Dnaerys computes stats in multiple threads in parallel, calculating different parts
of the stats in different threads and small deviations in results might exist.
I.e. F-stat results might not be identical for identical queries when calculated in MT,
though deviations are negligible. This is not effect of a
data race,
but result of arithmetic being not associative.

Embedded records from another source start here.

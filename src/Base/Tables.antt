-- ===== src/Base/Tables.antt =====
-- A table as a list of rows: insert with its conflict clause, and what a read finds afterwards.
use mathlib.Core.Path.{◌≡◌, refl, ap}
use mathlib.Core.Bool.{Bool, true, false}
use mathlib.Core.List.{List, [], ◌∷◌, ◌++◌}
use mathlib.Core.Option
use mathlib.Core.Option.{Option, none, some}
use mathlib.Core.Logic.{inl, inr}
use native.Mathlib.Omega.{arith}
use email_to_telegram.Base.Tests.{if◌then◌else◌, Bool-cases}
use email_to_telegram.Base.Lists.{any, find?, filter, update_where}

module _ {ℓ} {A : Type ℓ} where
  -- `insert ... on conflict do update`: `p` says which row conflicts, `f` is the update.
  abbrev pub upsert : (A → Bool) → (A → A) → A → List A → List A
  upsert p f new xs = if any p xs then update_where p f xs else xs ++ new ∷ []

  -- `insert ... on conflict do nothing`, with whether a row was inserted.
  abbrev pub insert_new : (A → Bool) → A → List A → List A × Bool
  insert_new p new xs = if any p xs then (xs, false) else (xs ++ new ∷ [], true)

  pub find?-none-any : (p : A → Bool) (xs : List A) → any p xs ≡ false → find? p xs ≡ none
  find?-none-any p [] h = refl
  find?-none-any p (x ∷ xs) h = ground (arith, find?-none-any p xs)

  pub find?-append_none :
      (p : A → Bool) (xs ys : List A) → find? p xs ≡ none → find? p (xs ++ ys) ≡ find? p ys
  find?-append_none p [] ys h = refl
  find?-append_none p (x ∷ xs) ys h = ground (arith, find?-append_none p xs ys)

  pub find?-append_miss :
      (q : A → Bool) (xs : List A) (y : A) → q y ≡ false → find? q (xs ++ y ∷ []) ≡ find? q xs
  find?-append_miss q [] y h = rw h
  find?-append_miss q (x ∷ xs) y h = ground (arith, find?-append_miss q xs y h)

  pub find?-update_self :
      (p : A → Bool) (f : A → A) (xs : List A)
      → ((x : A) → p (f x) ≡ p x)
      → find? p (update_where p f xs) ≡ Option.map f (find? p xs)
  find?-update_self p f [] keep = refl
  find?-update_self p f (x ∷ xs) keep = elim (Bool-cases (p x)) [
    | inl e ↦ rw (e, keep x, e)
    | inr e ↦ rw (e, e) (find?-update_self p f xs keep)
  ]

  pub find?-update_other :
      (p q : A → Bool) (f : A → A) (xs : List A)
      → ((x : A) → p x ≡ true → q x ≡ false)
      → ((x : A) → q (f x) ≡ q x)
      → find? q (update_where p f xs) ≡ find? q xs
  find?-update_other p q f [] apart keep = refl
  find?-update_other p q f (x ∷ xs) apart keep = elim (Bool-cases (p x)) [
    | inl e ↦ rw (e, keep x, apart x e) (find?-update_other p q f xs apart keep)
    | inr e ↦ rw e (ground (arith, find?-update_other p q f xs apart keep))
  ]

  -- A read of the written key finds the new row, or the old one as updated.
  pub find?-upsert_self :
      (p : A → Bool) (f : A → A) (new : A) (xs : List A)
      → p new ≡ true
      → ((x : A) → p (f x) ≡ p x)
      → find? p (upsert p f new xs) ≡ (elim (find? p xs) [ none ↦ some new | some x ↦ some (f x) ])
  find?-upsert_self p f new xs hit keep = elim (Bool-cases (any p xs)) [
    | inl e ↦ rw e (found xs e)
    | inr e ↦
        rw (e, find?-append_none p xs (new ∷ []) (find?-none-any p xs e))
          (rw (find?-none-any p xs e, hit))
  ]
    where
      found :
          (xs : List A)
          → any p xs ≡ true
          → find? p (update_where p f xs)
            ≡ (elim (find? p xs) [ none ↦ some new | some x ↦ some (f x) ])
      found [] e = cc
      found (x ∷ xs) e = elim (Bool-cases (p x)) [
        | inl h ↦ rw (h, keep x, h)
        | inr h ↦ rw (h, h) (found xs (rw h at e))
      ]

  -- A read of another key finds what it found before.
  pub find?-upsert_other :
      (p q : A → Bool) (f : A → A) (new : A) (xs : List A)
      → ((x : A) → p x ≡ true → q x ≡ false)
      → p new ≡ true
      → ((x : A) → q (f x) ≡ q x)
      → find? q (upsert p f new xs) ≡ find? q xs
  find?-upsert_other p q f new xs apart hit keep = elim (Bool-cases (any p xs)) [
    | inl e ↦ rw e (find?-update_other p q f xs apart keep)
    | inr e ↦ rw e (find?-append_miss q xs new (apart new hit))
  ]

  -- A row that does not pass adds nothing.
  pub filter-append :
      (q : A → Bool) (xs : List A) (y : A) → q y ≡ false → filter q (xs ++ y ∷ []) ≡ filter q xs
  filter-append q [] y h = rw h
  filter-append q (x ∷ xs) y h = elim (Bool-cases (q x)) [
    | inl e ↦ rw e (ap (λ zs. x ∷ zs) (filter-append q xs y h))
    | inr e ↦ rw e (filter-append q xs y h)
  ]

  -- An update of rows that do not pass, and still do not.
  pub filter-update_other :
      (q p : A → Bool) (f : A → A) (xs : List A)
      → ((x : A) → p x ≡ true → q x ≡ false)
      → ((x : A) → q (f x) ≡ q x)
      → filter q (update_where p f xs) ≡ filter q xs
  filter-update_other q p f [] miss keep = refl
  filter-update_other q p f (x ∷ xs) miss keep =
      let ih = filter-update_other q p f xs miss keep in
      elim (Bool-cases (p x)) [
        | inl e ↦ rw (e, keep x, miss x e) ih
        | inr e ↦ elim (Bool-cases (q x)) [
          | inl t ↦ rw (e, t) (ap (λ zs. x ∷ zs) ih)
          | inr t ↦ rw (e, t) ih
        ]
      ]

  -- An update that hits nothing.
  pub update_where-missed :
      (p : A → Bool) (f : A → A) (xs : List A) → any p xs ≡ false → update_where p f xs ≡ xs
  update_where-missed p f [] h = refl
  update_where-missed p f (x ∷ xs) h = elim (Bool-cases (p x)) [
    | inl e ↦ let hit : true ≡ false = rw e at h in cc
    | inr e ↦ rw e (ap (λ ys. x ∷ ys) (update_where-missed p f xs (rw e at h)))
  ]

For sequential calculations use seq
, which computes stats in a single thread.
Select by inheritance
Selecting variants by inheritance models
./grpcurl \
-plaintext \
-proto dnaerys.proto \
-d '{"parent1":"HG003", "parent2":"HG004", "proband":"HG002", "skip":"1", "limit":"2"}' \
localhost:8001 \
org.dnaerys.cluster.grpc.DnaerysService/SelectDeNovo
./grpcurl \
-plaintext \
-proto dnaerys.proto \
-d '{"affected_parent":"HG003", "unaffected_parent":"HG004", "affected_child":"HG002", "skip":"1", "limit":"2"}' \
localhost:8001 \
org.dnaerys.cluster.grpc.DnaerysService/SelectHetDominant
./grpcurl \
-plaintext \
-proto dnaerys.proto \
-d '{"unaffected_parent1":"HG003", "unaffected_parent2":"HG004", "affected_child":"HG002", "skip":"1", "limit":"2"}' \
localhost:8001 \
org.dnaerys.cluster.grpc.DnaerysService/SelectHomRecessive
Inbreeding coefficient
Inbreeding coefficient FIT for biallelic SNVs in autosomal chromosomes and PAR.
Results returned as part of AllelesWithStatsResponse
.
HWE
Chi-squared test for deviation from HWE for biallelic SNVs on autosomal and X chromosomes. On X chromosome outside PAR calculated according to "Testing for Hardy-Weinberg equilibrium at biallelic genetic markers on the X chromosome" J Graffelman, BS Weir
Results returned as part of AllelesWithStatsResponse
for Select*WithStats
requests.
TopNHWE
selects top N variants with the most significant p-value across the whole dataset.